In progress. Its developed a bit since then. waiting for aquarius silicone in the post 
Mewphus.


----------



## codyman70 (Dec 3, 2009)

That's a cool set up and cool lizard.what is it,is it a water dragon?


----------



## waynenoonan1234 (Sep 11, 2009)




----------



## jager (Jan 23, 2010)

codyman70 said:


> That's a cool set up and cool lizard.what is it,is it a water dragon?
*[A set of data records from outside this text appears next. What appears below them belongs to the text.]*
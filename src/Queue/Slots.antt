-- ===== src/Queue/Slots.antt =====
-- What the chunks of a queue hold, read slot by slot: a chunk has `n` slots of `w` bytes, slot `k`
-- starts at byte `k * w`, and the values run from slot `i` of the first chunk up to slot `j` of the
-- last.
use zinfo_tech.Base.{
  ℕ, zero, suc, ◌+◌, ◌-◌, ◌*◌, ◌≤◌, ◌<◌, ◌≡◌, refl, ap, ◌∙◌, Bool, true, false, List, [], ◌∷◌, ◌++◌,
  arith, if◌then◌else◌, ◌==◌, ==_refl,
}
use zinfo_tech.Queue.{Chunk, write, write_end}

pub mul_lt : (a b w : ℕ) → 0 < w → a < b → a * w < b * w
mul_lt a b w hw h = grind arith

pub mul_le : (a b w : ℕ) → a ≤ b → a * w ≤ b * w
mul_le a b w h = grind arith

pub mul_ne : (a b w : ℕ) → 0 < w → a < b → (a * w == b * w) ≡ false
mul_ne a b w hw h = ground (arith, mul_lt a b w hw h)

pub mul_ne' : (a b w : ℕ) → 0 < w → b < a → (a * w == b * w) ≡ false
mul_ne' a b w hw h = ground (arith, mul_lt b a w hw h)

abbrev pub null {ℓ} : {A : Type ℓ} → List A → Bool
null [] = true
null (x ∷ xs) = false

module _ {A : Type 0} where
  -- The `k` values from slot `i` on.
  unfoldable pub vals : (ℕ → A) → ℕ → ℕ → ℕ → List A
  vals f w i zero = []
  vals f w i (suc k) = f (i * w) ∷ vals f w (i + 1) k

  unfoldable pub items : ℕ → ℕ → ℕ → List (Chunk A) → ℕ → List A
  items n w i [] j = []
  items n w i (c ∷ r) j = vals c.value w i ((if null r then j else n) - i) ++ items n w 0 r j

  -- There is a chunk, and in a single one the values end no earlier than they begin.
  abbrev pub Spans : ℕ → List (Chunk A) → ℕ → Type 0
  Spans i [] j = ⊥
  Spans i (c ∷ []) j = i ≤ j
  Spans i (c ∷ d ∷ r) j = Unit {0}

  pub Spans-zero : (c : Chunk A) (r : List (Chunk A)) (j : ℕ) → Spans 0 (c ∷ r) j
  Spans-zero c [] j = omega arith
  Spans-zero c (d ∷ r) j = tt

  pub vals-snoc :
      (f : ℕ → A) (w i k : ℕ) → vals f w i (suc k) ≡ vals f w i k ++ (f ((i + k) * w) ∷ [])
  unfolding vals
  vals-snoc f w i zero = let e : i ≡ i + 0 = omega arith in ap (λ t. f (t * w) ∷ []) e
  vals-snoc f w i (suc k) =
      ap (λ t. f (i * w) ∷ t)
        (vals-snoc f w (i + 1) k ∙ ap (λ t. vals f w (i + 1) k ++ (f (t * w) ∷ [])) (omega arith))

  pub vals-write_after :
      (c : Chunk A) (v : A) (w j i k : ℕ)
      → 0 < w
      → i + k ≤ j
      → vals (write c (j * w) v).value w i k ≡ vals c.value w i k
  unfolding vals write
  vals-write_after c v w j i zero hw h = refl
  vals-write_after c v w j i (suc k) hw h =
      rw (mul_ne' j i w hw (omega arith), vals-write_after c v w j (i + 1) k hw (omega arith))

  pub vals-write_before :
      (c : Chunk A) (v : A) (w j i k : ℕ)
      → 0 < w
      → j < i
      → vals (write c (j * w) v).value w i k ≡ vals c.value w i k
  unfolding vals write
  vals-write_before c v w j i zero hw h = refl
  vals-write_before c v w j i (suc k) hw h =
      rw (mul_ne j i w hw h, vals-write_before c v w j (i + 1) k hw (omega arith))

  pub value-write_self : (c : Chunk A) (p : ℕ) (v : A) → (write c p v).value p ≡ v
  unfolding write
  value-write_self c p v = rw (==_refl p)

  pub null-write_end : (cs : List (Chunk A)) (p : ℕ) (v : A) → null (write_end cs p v) ≡ null cs
  unfolding write_end
  null-write_end [] p v = refl
  null-write_end (c ∷ []) p v = refl
  null-write_end (c ∷ d ∷ r) p v = refl

  pub null-snoc : (cs : List (Chunk A)) (c : Chunk A) → null (cs ++ (c ∷ [])) ≡ false
  null-snoc [] c = refl
  null-snoc (d ∷ r) c = refl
Cheers dude, its a baby Iggy. he seems to love the mist


----------



## Joel_H (Jun 4, 2009)

MewPhus said:


> image In progress. Its developed a bit since then. waiting for aquarius silicone in the post
> Mewphus.


Still looking good mewphus, keep that thread updated!


----------



## MewPhus (Jan 25, 2010)

snakeman190 said:


> Still looking good mewphus, keep that thread updated!


will do


----------



## Meko (Apr 29, 2007)

Beardie viv


----------



## ralphsvivariums (Dec 15, 2009)




----------



## codyman70 (Dec 3, 2009)

That's a great set up meko.your beardie must love it.


----------



## Meko (Apr 29, 2007)

i'll tell you when there's something in it :whistling2:


----------



## codyman70 (Dec 3, 2009)

Cool set ups ralph.how many do you have and whats in them?


----------



## codyman70 (Dec 3, 2009)

Oh,rite meko.i thought you had a beardie for it.it's still cool though.


----------



## ralphsvivariums (Dec 15, 2009)

i have 5 beardies and a kingsnake i have built a couple to sell .


----------



## markhill (Sep 22, 2006)

built this a couple of years back


----------



## Carolanster (Sep 28, 2009)

Just one CWD.. "Phantom" Viv is 6.5 X 4 X 2.2 ;-) 2nd strip light at the bottom now not shown in pic..


----------



## Breadrun (Mar 1, 2007)

Exactly the same channel I have my TV on lmao :2thumb:

Wiked viv Meko, I'm hoping to build my first viv this summer and thats given me some inspiration, I've never thought about an L shape but thats the perfect position for where I have my TV so I think its gotta be done: victory:




Meko said:


> Beardie viv
> 
> image
> 
> image


----------



## Spencer95 (Feb 20, 2010)

all the vivs are amazing loving them and giving me food for thought


----------



## gledhillhx2 (May 23, 2009)

heres a few of mine


----------



## linzii (Aug 12, 2009)

Meko said:


> Beardie viv
> 
> image
> 
> image



me really really likey. bloody amazing


----------



## linzii (Aug 12, 2009)

these our the plans for our viv in the coffee table style


----------



## DazedLewis (Aug 21, 2008)

my most natural viv


----------



## lizard wizard (Jun 9, 2009)

these arw a few of mine in my house at the min


----------



## ralphsvivariums (Dec 15, 2009)

where are you going to put the vents, what about making the two ends of the table solid put the vents in them, plus thats going to cost alot in glass as i take it your going to use tempered glass on top.









linzii said:


> these our the plans for our viv in the coffee table style
> 
> image


----------



## Joolz1975 (Jul 23, 2009)

Meko said:


> Beardie viv
> 
> image
> 
> image


 
Cudnt you put some MTV on or summat for them beardies instead of sky sports news??
:lol2:


----------



## [email protected] (Nov 17, 2008)

http://www.reptileforums.co.uk/forums/habitat-pictures/440198-home-made-vivs.html


----------



## Alister (Jun 3, 2009)

Heres mine that i built last summer :2thumb:

http://www.reptileforums.co.uk/forums/habitat/383165-vivarium-fake-rock-summer-project.html

Check it out it is a full write up of the build which might be useful for you

Alister


----------



## Chewitt (Jul 28, 2009)

ere's a few pics of butch in his new home hope you all like

in this pic i was trying diff things with a hut over the pool with led lights,but decided not to bother in the end.










heres the viv finshed










with led lights on in the pool,looks awsome at night










Basking Area










I used the giant leaves for my waterfall,the water just trickles down each leaf,loogs good with the led lights on.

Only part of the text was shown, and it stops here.